School of Medical Sciences, Faculty of Medicine, University of New South Wales, Sydney, Australia.
Duke University Division of Physical Therapy, Duke Clinical Research Institute, North Carolina, USA.
Braz J Phys Ther. 2020 Mar-Apr;24(2):177-184. doi: 10.1016/j.bjpt.2019.01.009. Epub 2019 Jan 30.
To determine the reliability, internal consistency, measurement error, convergent validity, and floor and ceiling effects of three quality assessment tools commonly used to evaluate the quality of diagnostic test accuracy studies in physical therapy. A secondary aim was to describe the quality of a sample of diagnostic accuracy studies.
50 studies were randomly selected from a comprehensive database of physical therapy-relevant diagnostic accuracy studies. Two reviewers independently rated each study with the Quality Assessment of Diagnostic Accuracy Studies (QUADAS), Quality Assessment of Diagnostic Accuracy Studies 2 (QUADAS-2) and Diagnostic Accuracy Quality Scale (DAQS) tools in random sequence.
Only 7% of QUADAS items, 14% of QUADAS-2 items, and 33% of DAQS items had at least moderate inter-rater reliability (kappa>0.40). Internal consistency and convergent validity measures were acceptable (>0.70) in 33% and 50% of cases respectively. Floor or ceiling effects were not present in any tool. The quality of studies was mixed: most avoided case-control sampling strategies and used the same reference standard on all subjects, but many failed to enroll a consecutive or random sample of subjects or provide confidence intervals about estimates of diagnostic accuracy.

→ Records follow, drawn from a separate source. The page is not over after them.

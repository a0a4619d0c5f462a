-- ===== src/Api/Create/Generated.antt =====
-- What an accepted request to generate assets makes.
use Prim.Native.Nat.{◌<◌}
use pretext_plus_build_full.Common.{
  String, true, Option, none, List, [], ◌∷◌, ◌≡◌, refl, Bool-cases, inl, inr, all, List-cases,
}
use pretext_plus_build_full.Common.Dict
use pretext_plus_build_full.Common.Dict.{Dict}
use pretext_plus_build_full.Common.Text.{codes, join}
use pretext_plus_build_full.Config.{Settings}
use pretext_plus_build_full.Jobs.{Fields, word, find, key}
use pretext_plus_build_full.World.{World}
use pretext_plus_build_full.Notify.{Network}
use pretext_plus_build_full.Api.{
  answered, Answer-cases, check_token, project_id_fields, asset_names, asset_name_match,
}
use pretext_plus_build_full.Api.Assets.{is_plain_name, asset_names_plain}
use pretext_plus_build_full.Api.Requests.{project_id_fields_slug}
use pretext_plus_build_full.Api.Intake.{Archives, Upload}
use pretext_plus_build_full.Api.Create.{run_generate, Queues, create_generate, bad_names}
use pretext_plus_build_full.Api.Create.Created.{Fresh, Enqueued, accept-Enqueued}

generate_fields-Fresh :
    (target assets : String) (value : Option String) (project : Fields)
    → project_id_fields value ≡ answered project
    → Fresh "generate" target
        (("kind", word "generate") ∷ ("target", word target) ∷ ("assets", word assets) ∷ project)
unfolding Dict.lookup
generate_fields-Fresh target assets value project e =
    elim (project_id_fields_slug value project e) [
      | inl nothing ↦ rw nothing ((refl, (refl, (refl, tt))), refl, refl, refl)
      | inr (s, one, slug) ↦ rw one ((refl, (refl, (refl, (refl, tt)))), refl, refl, refl)
    ]

bad_names_none : (names : List String) → bad_names names ≡ [] → all asset_name_match names ≡ true
unfolding bad_names
bad_names_none [] h = refl
bad_names_none (a ∷ names) h = elim (Bool-cases (asset_name_match a)) [
  | inl t ↦ rw (t, bad_names_none names (rw (bad_names, t) at h)) refl
  | inr f ↦ cc (rw (bad_names, f) at h)
]

-- A request to generate that is answered with success has queued that job, as a build's would be,
-- and the names of asset types in the task, which go into a shell command, are a letter followed by
-- letters, digits and dashes each.
pub create_generate-Enqueued :
    (settings : Settings) (net : Network) (archives : Archives) (queues : Queues)
    (show_names : List String → String) (job_id : String) (upload : Upload) (target : String)
    (assets : List String) (project_id token callback_url authorization : Option String) (w : World)
    {resp : Dict String} {w' : World}
    → 0 < settings.job_ttl
    → find w.redis (key job_id) ≡ none
    → create_generate settings net archives queues show_names job_id upload target assets project_id
        token callback_url authorization w
      ≡ (answered resp, w')
    → Enqueued queues job_id
        (run_generate job_id target (asset_names assets))
        "generate"
        target
        w
        w'
      × (all (λ s. is_plain_name (codes s)) (asset_names assets) ≡ true)
unfolding create_generate
create_generate-Enqueued settings net archives queues show_names job_id upload target assets
      project_id token callback_url authorization w ttl new h =
    let names = asset_names assets in
    elim (Answer-cases (check_token settings token authorization)) [
      | inr (code, detail, e) ↦ cc (rw (create_generate, e) at h)
      | inl (unit, e) ↦ elim (List-cases (bad_names names)) [
        | inr (bad, more, b) ↦ cc (rw (create_generate, e, b) at h)
        | inl b ↦ elim (Answer-cases (project_id_fields project_id)) [
          | inr (code, detail, e') ↦ cc (rw (create_generate, e, b, e') at h)
          | inl (project, e') ↦ (
            accept-Enqueued settings net archives queues show_names job_id ttl "generate" target
                (run_generate job_id target names) upload callback_url _ w new
                (generate_fields-Fresh target (join " " names) project_id project e')
                (rw (create_generate, e, b, e') at h),
            asset_names_plain assets (bad_names_none names b),
          )
        ]
      ]
    ]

The QUADAS, QUADAS-2 and DAQS tools provide unreliable estimates of the quality of studies of diagnostic accuracy in physical therapy.
确定三种常用于评估物理治疗中诊断准确性研究质量的工具的可靠性、内部一致性、测量误差、收敛效度以及地板和天花板效应。次要目的是描述一组诊断准确性研究的质量。
从物理治疗相关诊断准确性研究的综合数据库中随机选择了 50 项研究。两位审查员以随机顺序分别使用《诊断准确性研究质量评估工具》(QUADAS)、《诊断准确性研究质量评估工具 2》(QUADAS-2)和《诊断准确性质量量表》(DAQS)工具对每项研究进行独立评估。
仅有 7%的 QUADAS 项目、14%的 QUADAS-2 项目和 33%的 DAQS 项目具有至少中度的观察者间可靠性(kappa>0.40)。内部一致性和收敛效度测量在 33%和 50%的情况下分别是可接受的(>0.70)。在任何工具中都不存在地板或天花板效应。研究的质量参差不齐:大多数研究避免了病例对照抽样策略,并在所有受试者中使用相同的参考标准,但许多研究未能招募连续或随机的受试者样本,或提供关于诊断准确性估计的置信区间。
QUADAS、QUADAS-2 和 DAQS 工具对物理治疗中诊断准确性研究的质量提供了不可靠的估计。